--- Extracted records ---
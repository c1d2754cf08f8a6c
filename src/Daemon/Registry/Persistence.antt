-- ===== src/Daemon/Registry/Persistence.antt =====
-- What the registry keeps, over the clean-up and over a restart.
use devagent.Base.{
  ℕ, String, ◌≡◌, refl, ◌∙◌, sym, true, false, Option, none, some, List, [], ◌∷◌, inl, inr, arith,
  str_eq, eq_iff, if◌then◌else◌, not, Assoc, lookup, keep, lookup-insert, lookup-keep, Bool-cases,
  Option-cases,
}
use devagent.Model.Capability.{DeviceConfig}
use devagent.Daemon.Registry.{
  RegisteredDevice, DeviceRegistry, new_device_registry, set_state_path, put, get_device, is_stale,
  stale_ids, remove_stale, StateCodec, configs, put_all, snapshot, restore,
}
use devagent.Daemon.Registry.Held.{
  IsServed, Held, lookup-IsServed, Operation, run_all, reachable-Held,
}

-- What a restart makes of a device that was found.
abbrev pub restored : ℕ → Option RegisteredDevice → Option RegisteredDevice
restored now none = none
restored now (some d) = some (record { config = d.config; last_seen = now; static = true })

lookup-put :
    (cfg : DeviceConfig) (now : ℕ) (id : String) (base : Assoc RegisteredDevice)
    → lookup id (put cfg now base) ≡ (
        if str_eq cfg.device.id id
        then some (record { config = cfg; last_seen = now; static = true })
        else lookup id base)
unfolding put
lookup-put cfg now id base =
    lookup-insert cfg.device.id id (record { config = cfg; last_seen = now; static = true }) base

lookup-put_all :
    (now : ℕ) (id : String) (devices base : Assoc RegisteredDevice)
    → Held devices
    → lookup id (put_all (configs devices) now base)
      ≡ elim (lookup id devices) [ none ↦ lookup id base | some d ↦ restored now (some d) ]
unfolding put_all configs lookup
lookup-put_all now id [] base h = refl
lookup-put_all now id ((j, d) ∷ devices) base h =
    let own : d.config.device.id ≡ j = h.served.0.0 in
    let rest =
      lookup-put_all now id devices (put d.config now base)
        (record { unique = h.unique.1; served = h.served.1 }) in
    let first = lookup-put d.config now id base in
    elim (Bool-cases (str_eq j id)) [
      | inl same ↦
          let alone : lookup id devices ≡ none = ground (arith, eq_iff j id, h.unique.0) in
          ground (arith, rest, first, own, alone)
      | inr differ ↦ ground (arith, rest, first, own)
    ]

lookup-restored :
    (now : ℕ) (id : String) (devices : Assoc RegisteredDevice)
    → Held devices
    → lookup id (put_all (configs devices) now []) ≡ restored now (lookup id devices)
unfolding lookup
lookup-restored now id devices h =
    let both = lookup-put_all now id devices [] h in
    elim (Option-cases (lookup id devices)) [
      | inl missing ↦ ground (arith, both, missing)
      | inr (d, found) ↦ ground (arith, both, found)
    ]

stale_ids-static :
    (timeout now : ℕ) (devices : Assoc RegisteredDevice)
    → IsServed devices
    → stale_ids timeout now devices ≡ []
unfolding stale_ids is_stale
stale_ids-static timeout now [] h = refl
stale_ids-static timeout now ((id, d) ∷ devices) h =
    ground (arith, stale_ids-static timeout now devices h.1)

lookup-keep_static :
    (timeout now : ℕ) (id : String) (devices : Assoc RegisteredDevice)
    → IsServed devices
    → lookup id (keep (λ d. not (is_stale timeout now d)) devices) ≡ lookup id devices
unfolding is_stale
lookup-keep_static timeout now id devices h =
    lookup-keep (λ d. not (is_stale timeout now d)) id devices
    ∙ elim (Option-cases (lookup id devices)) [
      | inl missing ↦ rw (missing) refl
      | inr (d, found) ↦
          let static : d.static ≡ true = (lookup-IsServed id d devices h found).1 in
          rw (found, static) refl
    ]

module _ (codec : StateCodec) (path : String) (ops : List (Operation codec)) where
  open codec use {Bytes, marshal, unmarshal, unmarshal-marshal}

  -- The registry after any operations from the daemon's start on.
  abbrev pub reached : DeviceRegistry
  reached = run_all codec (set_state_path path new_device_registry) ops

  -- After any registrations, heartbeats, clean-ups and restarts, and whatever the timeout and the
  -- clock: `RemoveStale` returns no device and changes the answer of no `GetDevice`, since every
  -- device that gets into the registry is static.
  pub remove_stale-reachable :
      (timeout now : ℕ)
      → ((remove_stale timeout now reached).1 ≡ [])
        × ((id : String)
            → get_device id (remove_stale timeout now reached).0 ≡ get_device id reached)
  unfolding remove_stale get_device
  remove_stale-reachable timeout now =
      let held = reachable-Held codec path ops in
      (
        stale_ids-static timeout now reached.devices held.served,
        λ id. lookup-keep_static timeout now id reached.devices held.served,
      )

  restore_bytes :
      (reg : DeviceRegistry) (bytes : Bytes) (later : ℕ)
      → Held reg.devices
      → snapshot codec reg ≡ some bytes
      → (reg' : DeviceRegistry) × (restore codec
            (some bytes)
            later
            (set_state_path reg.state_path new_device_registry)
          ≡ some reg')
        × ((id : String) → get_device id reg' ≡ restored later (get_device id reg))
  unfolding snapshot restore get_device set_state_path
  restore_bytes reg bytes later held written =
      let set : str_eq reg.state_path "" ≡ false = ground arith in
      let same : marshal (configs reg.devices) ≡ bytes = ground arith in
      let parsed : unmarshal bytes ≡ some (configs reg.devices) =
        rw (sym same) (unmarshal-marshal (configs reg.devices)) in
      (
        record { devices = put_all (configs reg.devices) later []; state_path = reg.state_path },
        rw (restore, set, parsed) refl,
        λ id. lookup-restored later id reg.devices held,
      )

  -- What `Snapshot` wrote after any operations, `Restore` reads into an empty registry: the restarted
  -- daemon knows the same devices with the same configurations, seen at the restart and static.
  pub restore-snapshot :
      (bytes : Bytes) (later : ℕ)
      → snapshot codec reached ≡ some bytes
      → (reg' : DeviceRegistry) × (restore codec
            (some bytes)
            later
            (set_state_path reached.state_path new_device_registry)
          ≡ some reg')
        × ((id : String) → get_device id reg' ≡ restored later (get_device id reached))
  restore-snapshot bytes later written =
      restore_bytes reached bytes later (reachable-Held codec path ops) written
---
What to produce:
Every line from the line containing "devices = put_all" through the line containing "reached ≡ some bytes" in the records above must be retyped exactly. Leave out the rest.

Answer to the problem:
        record { devices = put_all (configs reg.devices) later []; state_path = reg.state_path },
        rw (restore, set, parsed) refl,
        λ id. lookup-restored later id reg.devices held,
      )

  -- What `Snapshot` wrote after any operations, `Restore` reads into an empty registry: the restarted
  -- daemon knows the same devices with the same configurations, seen at the restart and static.
  pub restore-snapshot :
      (bytes : Bytes) (later : ℕ)
      → snapshot codec reached ≡ some bytes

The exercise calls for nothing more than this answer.